[[ Data for analysis, beginning ]]

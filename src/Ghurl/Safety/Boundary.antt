-- ===== src/Ghurl/Safety/Boundary.antt =====
-- `match`, `prepare` and `ParseWithDefaults` of internal/ghurl/ghurl.go return nothing but requests
-- that the proxy may send.
use gh_proxy.Base.{
  not, ◌&&◌, Option, none, some, List, [], ◌∷◌, ◌++◌, ◌≡◌, refl, ap, sym, ◌∙◌, arith, >>=-eq-some,
  inl, inr, Bool-cases, Option-cases, Bytes, codes, same, some_inj,
}
use gh_proxy.GoLib.Strings.{Unicode, to_lower, cut_at}
use gh_proxy.GoLib.Strings.CutAt.{cut_at-IsCutAt, cut_at-IsApart}
use gh_proxy.GoLib.Url
use gh_proxy.GoLib.Url.{Url, hostname, escaped_path}
use gh_proxy.Ghurl.Matchers.{Kind, blob}
use gh_proxy.Ghurl.Shape.{Shape}
use gh_proxy.Ghurl.Target.{
  Target, host_candidates, first_match, rewrite_blob_to_raw, finish_target, match,
}
use gh_proxy.Ghurl.Parse.{
  normalize, prepare, try_default, try_defaults, fall_back, names_a_host, hostless,
  parse_with_defaults,
}
use gh_proxy.Ghurl.Repair.{repair_scheme}
use gh_proxy.Ghurl.Safety.{Serves, IsRaw, IsForwardable}
use gh_proxy.Ghurl.Safety.Hosts.{first_match_sound, host_candidates_sound}

module _ ⦃c : Unicode⦄ where
  -- The rewrite of a blob URL changes its path alone.
  pub rewrite_keeps :
      (u : Url)
      → ((rewrite_blob_to_raw u).scheme ≡ u.scheme)
        × ((rewrite_blob_to_raw u).user ≡ u.user)
        × ((rewrite_blob_to_raw u).host ≡ u.host)
  unfolding rewrite_blob_to_raw
  rewrite_keeps u = elim (Option-cases (cut_at (codes "/blob/") (escaped_path u))) [
    | inl e ↦ rw (e, rewrite_blob_to_raw) (refl, refl, refl)
    | inr ((before, after), e) ↦
        elim (Option-cases (Url.parse (before ++ (codes "/raw/" ++ after)))) [
          | inl e' ↦ rw (e, rewrite_blob_to_raw) (rw e' (refl, refl, refl))
          | inr (pu, e') ↦ rw (e, rewrite_blob_to_raw) (rw e' (refl, refl, refl))
        ]
  ]

  rewrite-IsRaw : (u : Url) → IsRaw u (rewrite_blob_to_raw u)
  unfolding rewrite_blob_to_raw
  rewrite-IsRaw u = elim (Option-cases (cut_at (codes "/blob/") (escaped_path u))) [
    | inl e ↦
        inr (cut_at-IsApart (codes "/blob/") (escaped_path u) e, rw (e, rewrite_blob_to_raw) refl)
    | inr ((before, after), e) ↦ inl (
      before,
      after,
      cut_at-IsCutAt (codes "/blob/") (escaped_path u) e,
      elim (Option-cases (Url.parse (before ++ (codes "/raw/" ++ after)))) [
        | inl e' ↦ inr (e', rw (e, rewrite_blob_to_raw) (rw e' refl))
        | inr (pu, e') ↦ inl (pu, e', rw (e, rewrite_blob_to_raw) (rw e' refl))
      ],
    )
  ]

  finish_sound :
      (k : Kind) (o r : Bytes) (u : Url)
      → u.scheme ≡ codes "https"
      → u.user ≡ none
      → Serves k u.host
      → Shape k u.path o r
      → IsForwardable (finish_target (record { kind = k; owner = o; repo = r; url = u }))
  unfolding finish_target
  finish_sound blob o r u s n h p =
      let (same_scheme, same_user, same_host) = rewrite_keeps u in
      record {
        https = same_scheme ∙ s;
        no_user = same_user ∙ n;
        host_known = same_host ∙ h;
        path_known = (u, p, rewrite-IsRaw u);
      }
  finish_sound k o r u s n h p = record { https = s; no_user = n; host_known = h; path_known = p }

  match_sound :
      (u : Url) {t : Target}
      → u.scheme ≡ codes "https"
      → u.user ≡ none
      → (match u).0 ≡ some t
      → IsForwardable t
  unfolding match
  match_sound u {t} s n e = elim (Option-cases (host_candidates (to_lower (hostname u)))) [
    | inl e1 ↦ absurd (ground arith)
    | inr ((host, cs), e1) ↦
        let u' = record u { host = host } in
        let (ks, same_cs, served) = host_candidates_sound (to_lower (hostname u)) e1 in
        elim (Option-cases (first_match cs u')) [
          | inl e2 ↦ absurd (ground arith)
          | inr (t0, e2) ↦
              let (hosted, shape, same_url) =
                first_match_sound (λ k. Serves k host) ks u' served (rw same_cs at e2) in
              let made : finish_target t0 ≡ t = some_inj (rw e2 at (rw (e1, match) at e)) in
              rw (← made) (
                finish_sound t0.kind t0.owner t0.repo t0.url (ap (λ x. x.scheme) same_url ∙ s)
                  (ap (λ x. x.user) same_url ∙ n) (rw same_url hosted) (rw same_url shape))
        ]
  ]

  normalize_sound :
      (p : Url) {u : Url} → normalize p ≡ some u → (u.scheme ≡ codes "https") × (u.user ≡ none)
  unfolding normalize
  normalize_sound p {u} e =
      elim (Bool-cases
        (not (same p.scheme (codes "http")) && not (same p.scheme (codes "https")))) [
          | inl t ↦ absurd (none_ne (rw (t, normalize) at e))
          | inr t ↦
              let made = some_inj (rw (t, normalize) at e) in
              (sym (λ i. (made i).scheme), sym (λ i. (made i).user))
        ]
    where
      none_ne : ◌≡◌ {A = Option Url} none (some u) → ⊥
      none_ne q = cc

  pub prepare_sound :
      (s : Bytes) {u : Url} → prepare s ≡ some u → (u.scheme ≡ codes "https") × (u.user ≡ none)
  unfolding prepare
  prepare_sound s {u} e =
      let (parsed, _, made) = >>=-eq-some (Url.parse (repair_scheme s)) normalize e in
      normalize_sound parsed made

  try_defaults_sound :
      (u : Url) (hs : List Bytes) {t : Target} → try_defaults u hs ≡ some t → IsForwardable t
  unfolding try_defaults try_default
  try_defaults_sound u [] e = cc
  try_defaults_sound u (h ∷ hs) {t} e = elim (Option-cases (try_default u h)) [
    | inl e1 ↦ try_defaults_sound u hs (rw (e1, try_defaults) at e)
    | inr (t', e1) ↦
        let (u2, prepared, matched) = >>=-eq-some _ (λ u2. (match u2).0) e1 in
        let (https, no_user) = prepare_sound (h ++ b'/' ∷ hostless u) prepared in
        let made : t' ≡ t = some_inj (rw (e1, try_defaults) at e) in
        rw (← made) (match_sound u2 https no_user matched)
  ]

  fall_back_sound :
      (defaults : List Bytes) (r : Option Target × Url) {t : Target}
      → ((t' : Target) → r.0 ≡ some t' → IsForwardable t')
      → fall_back defaults r ≡ some t
      → IsForwardable t
  unfolding fall_back
  fall_back_sound defaults (some t', u) {t} h e = h t e
  fall_back_sound defaults (none, u) {t} h e = elim (Bool-cases (names_a_host u)) [
    | inl named ↦ absurd (ground arith)
    | inr bare ↦ try_defaults_sound u defaults (rw bare at e)
  ]

  -- Whatever `ParseWithDefaults` returns for whatever input, the request goes over TLS, with no
  -- credentials in the URL, to a host of the kind's own, at a path of the kind's grammar; for a blob
  -- it is that path with the first `/blob/` of its escaped form turned into `/raw/`.
  pub parse_with_defaults-IsForwardable :
      (s : Bytes) (defaults : List Bytes) {t : Target}
      → parse_with_defaults s defaults ≡ some t
      → IsForwardable t
  unfolding parse_with_defaults
  parse_with_defaults-IsForwardable s defaults e =
      let (u, prepared, rest) = >>=-eq-some (prepare s) (λ u. fall_back defaults (match u)) e in
      let (https, no_user) = prepare_sound s prepared in
      fall_back_sound defaults (match u) (λ t' matched. match_sound u https no_user matched) rest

[[ Data for analysis, end ]]

### Work to be completed
Please return exactly the lines from the one containing "hs (rw (e1, try_defaults) at e)" through the end of the entries above, adding no other line.

### Problem solution
    | inl e1 ↦ try_defaults_sound u hs (rw (e1, try_defaults) at e)
    | inr (t', e1) ↦
        let (u2, prepared, matched) = >>=-eq-some _ (λ u2. (match u2).0) e1 in
        let (https, no_user) = prepare_sound (h ++ b'/' ∷ hostless u) prepared in
        let made : t' ≡ t = some_inj (rw (e1, try_defaults) at e) in
        rw (← made) (match_sound u2 https no_user matched)
  ]

  fall_back_sound :
      (defaults : List Bytes) (r : Option Target × Url) {t : Target}
      → ((t' : Target) → r.0 ≡ some t' → IsForwardable t')
      → fall_back defaults r ≡ some t
      → IsForwardable t
  unfolding fall_back
  fall_back_sound defaults (some t', u) {t} h e = h t e
  fall_back_sound defaults (none, u) {t} h e = elim (Bool-cases (names_a_host u)) [
    | inl named ↦ absurd (ground arith)
    | inr bare ↦ try_defaults_sound u defaults (rw bare at e)
  ]

  -- Whatever `ParseWithDefaults` returns for whatever input, the request goes over TLS, with no
  -- credentials in the URL, to a host of the kind's own, at a path of the kind's grammar; for a blob
  -- it is that path with the first `/blob/` of its escaped form turned into `/raw/`.
  pub parse_with_defaults-IsForwardable :
      (s : Bytes) (defaults : List Bytes) {t : Target}
      → parse_with_defaults s defaults ≡ some t
      → IsForwardable t
  unfolding parse_with_defaults
  parse_with_defaults-IsForwardable s defaults e =
      let (u, prepared, rest) = >>=-eq-some (prepare s) (λ u. fall_back defaults (match u)) e in
      let (https, no_user) = prepare_sound s prepared in
      fall_back_sound defaults (match u) (λ t' matched. match_sound u https no_user matched) rest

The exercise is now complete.